Mortality Data From the European Adrenal Insufficiency Registry

Patient Characterization and Associations

Marcus Quinkler; Bertil Ekman; Pinggao Zhang; Andrea M. Isidori; Robert D. Murray


Clin Endocrinol. 2018;89(1):30-35. 

In This Article

Abstract and Introduction


Objective: Mortality from primary and secondary adrenal insufficiency (AI; PAI and SAI, respectively) is 2–3–fold higher than in the general population. Mortality relates to cardiovascular disease, acute adrenal crisis (AC), cancer and infections; however, there has been little further characterization of patients who have died.

Design/Methods: We analysed real–world data from 2034 patients (801 PAI, 1233 SAI) in the European Adrenal Insufficiency Registry (EU–AIR; NCT01661387). Baseline clinical and biochemical data of patients who subsequently died were compared with those who remained alive.

Results: From August 2012 to June 2017, 26 deaths occurred (8 PAI, 18 SAI) from cardiovascular disease (n = 9), infection (n = 4), suicide (n = 2), drug–induced hepatitis (n = 2), and renal failure, brain tumour, cachexia and AC (each n = 1); cause of death was unclear in 5 patients. Patients who died were significantly older at baseline than alive patients. Causes of AI were representative of patients with SAI; however, 3–quarters of deceased patients with PAI had undergone bilateral adrenalectomy (3 with uncontrolled Cushing's disease, 3 with metastatic renal cell cancer). There were no significant differences in body mass index, blood pressure, low–density lipoprotein cholesterol, total cholesterol or electrolytes between deceased and alive patients. Deceased patients with SAI were more frequently male individuals, were receiving higher daily doses of hydrocortisone (24.0 ± 7.6 vs 19.3 ± 5.7 mg, P = .0016) and experienced more frequent ACs (11.1 vs 2.49/100 patient–years, P = .0389) than alive patients.

Conclusions: This is the first study to provide detailed characteristics of deceased patients with AI. Older, male patients with SAI and frequent AC had a high mortality risk.


If left untreated, adrenal insufficiency (AI) leads to premature death.[1] Introduction of glucocorticoid replacement therapy in patients with AI has led to greatly improved outcomes;[2] however, it is increasingly recognized that patients with AI continue to experience high levels of morbidity and premature mortality. These adverse outcomes are thought to be due to inappropriate glucocorticoid dosage and the nonphysiological nature of conventional replacement therapy.[3–5]

Hospital record data suggest that mortality associated with primary AI (PAI) is 2–3–fold higher than in the general population.[6] In the Swedish Hospital Registry, the cardiovascular mortality associated with PAI was approximately 2–fold higher, and the mortality owing to infectious disease was approximately 6–fold higher, than that of the normal population.[6] Data from the Norwegian Hospital Registry showed that, between 1943 and 2005, the mortality for PAI related mainly to cardiovascular disease, followed by Addisonian crisis, cancer, infection and sudden death.[7] More recently, the Swedish National Inpatient Register showed a dramatically reduced survival probability for patients with PAI and comorbid diabetes mellitus, compared with patients with diabetes mellitus alone. Cardiovascular disease and complications of diabetes mellitus were the most common causes of death.[8]

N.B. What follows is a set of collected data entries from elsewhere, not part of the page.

-- ===== src/Storage/Stores/Access.antt =====
-- Which blobs a repository gives access to: those that one of its links leads to.
use container_registry.Prelude.{
  Result, ok, err, ◌>>=◌, bind-eq-ok, List, ◌∷◌, [], some, ◌≡◌, sym, ap, ◌∙◌, In, here, there, ◌⊎◌,
  subst, Bool-cases, Option-cases, inl, inr,
}
use container_registry.Prelude.Bytes.{Bytes, bytes_eq}
use container_registry.Offline.Tags.{Digest}
use container_registry.Vacuum.{DigestText, FilePath}
use container_registry.Storage.Paths.{DigestParts, path_for, blob_data}
use container_registry.Storage.Driver.{path_not_found, other_fault, FileInfo, Driver}
use container_registry.Storage.Stores.{
  StoreError, driver_error, blob_unknown, invalid_digest, repository_unknown, tag_unknown,
  unsupported, over_limit, first_found, Descriptor, path_or_error, no_blob, describe, LinkPath,
  readlink, find_target, stat_linked, stat_blob, resolve_with,
}

module _ (t : DigestText) (p : DigestParts t) (v : Driver) where
  -- A link of the repository, by which a digest leads to a blob.
  pub record IsLinked (fs : List LinkPath) (name : Bytes) (d target : Digest) (s : v.Disk)
      : Type 0 where
    pub by : LinkPath
    pub among : In by fs
    pub path : FilePath
    pub formed : by name d ≡ some path
    pub target_read : readlink t p v path s ≡ ok target

  resolved :
      (f : LinkPath) (name : Bytes) (d target : Digest) (s : v.Disk)
      → resolve_with t p v name d s f ≡ ok target
      → (path : FilePath) × (f name d ≡ some path) × (readlink t p v path s ≡ ok target)
  resolved f name d target s h = elim (Option-cases (f name d)) [
    | inl e ↦ cc (h, ap (λ o. path_or_error o >>= λ path. readlink t p v path s) e)
    | inr (path, e) ↦
        (path, e, sym (ap (λ o. path_or_error o >>= λ path. readlink t p v path s) e) ∙ h)
  ]

  first_found-ok :
      (r rest : Result StoreError Digest) {target : Digest}
      → first_found t p v r rest ≡ ok target
      → (r ≡ ok target) ⊎ (rest ≡ ok target)
  first_found-ok (ok a) rest h = inl h
  first_found-ok (err (driver_error path_not_found)) rest h = inr h
  first_found-ok (err (driver_error other_fault)) rest h = cc h
  first_found-ok (err invalid_digest) rest h = cc h
  first_found-ok (err repository_unknown) rest h = cc h
  first_found-ok (err tag_unknown) rest h = cc h
  first_found-ok (err blob_unknown) rest h = cc h
  first_found-ok (err unsupported) rest h = cc h
  first_found-ok (err over_limit) rest h = cc h

  found-IsLinked :
      (fs : List LinkPath) (name : Bytes) (d target : Digest) (s : v.Disk)
      → find_target t p v name d s fs ≡ ok target
      → IsLinked fs name d target s
  unfolding find_target
  found-IsLinked [] name d target s h = cc h
  found-IsLinked (f ∷ fs) name d target s h =
      elim (first_found-ok (resolve_with t p v name d s f) (find_target t p v name d s fs) h) [
        | inl e ↦
            let (path, formed, target_read) = resolved f name d target s e in
            record { by = f; among = here; path = path; formed = formed; target_read = target_read }
        | inr e ↦
            let rest = found-IsLinked fs name d target s e in
            record {
              by = rest.by;
              among = there rest.among;
              path = rest.path;
              formed = rest.formed;
              target_read = rest.target_read;
            }
      ]

  described :
      (d : Digest) (info : FileInfo) (desc : Descriptor)
      → describe t p v d info ≡ ok desc
      → desc.digest ≡ d
  described d info desc h = elim (Bool-cases info.is_dir) [ inl e ↦ cc (h, e) | inr e ↦ cc (h, e) ]

  pub stat_blob-digest :
      (d : Digest) (s : v.Disk) (desc : Descriptor)
      → stat_blob t p v d s ≡ ok desc
      → desc.digest ≡ d
  unfolding stat_blob
  stat_blob-digest d s desc h =
      let (path, e, rest) =
        bind-eq-ok (path_or_error (path_for t (blob_data d)))
          (λ path. no_blob (v.stat path s) >>= describe t p v d) h in
      let (info, e', last) = bind-eq-ok (no_blob (v.stat path s)) (describe t p v d) rest in
      described d info desc last

  -- A blob that a repository describes is one that a link of the repository leads to, and that the
  -- store of all blobs describes.
  pub stat_linked-IsLinked :
      (fs : List LinkPath) (name : Bytes) (d : Digest) (s : v.Disk) (desc : Descriptor)
      → stat_linked t p v fs name d s ≡ ok desc
      → IsLinked fs name d desc.digest s × (stat_blob t p v desc.digest s ≡ ok desc)
  unfolding stat_linked
  stat_linked-IsLinked fs name d s desc h =
      let (target, e, described_as) =
        bind-eq-ok (find_target t p v name d s fs) (λ target. stat_blob t p v target s) h in
      let same = stat_blob-digest target s desc described_as in
      (
        subst (λ x. IsLinked fs name d x s) (sym same) (found-IsLinked fs name d target s e),
        ap (λ x. stat_blob t p v x s) same ∙ described_as,
      )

Patients with secondary AI (SAI) also showed an increased cardiovascular mortality.[9,10] A large, prospective study of patients with SAI in the UK demonstrated an overall standard mortality ratio (SMR) of 1.87, but could not attribute the increased mortality to any particular endocrine condition other than untreated growth hormone deficiency.[11] Analysis of a large cohort of Swedish patients with pituitary disease showed that the SMR due to infection was 6.32; all 15 individuals who died from infection (from a total of 120 deaths and 1286 patients) had SAI, and 8 of these individuals had adrenal crisis (AC). The authors concluded that AC in response to acute stress and intercurrent illness is an important cause of mortality in patients with hypopituitarism.[12] Similarly, a large cohort study in the USA demonstrated that the relative risk of death was 7.1 in patients with SAI, emphasizing the importance of early intervention when infection occurs in association with AI.[13]

There has been, however, little further characterization of the patients who died.[12] Therefore, we analysed real–world data from the European Adrenal Insufficiency Registry (EU–AIR), with centres across Germany, the Netherlands, Sweden and the UK, to further characterize the patients with AI who have died.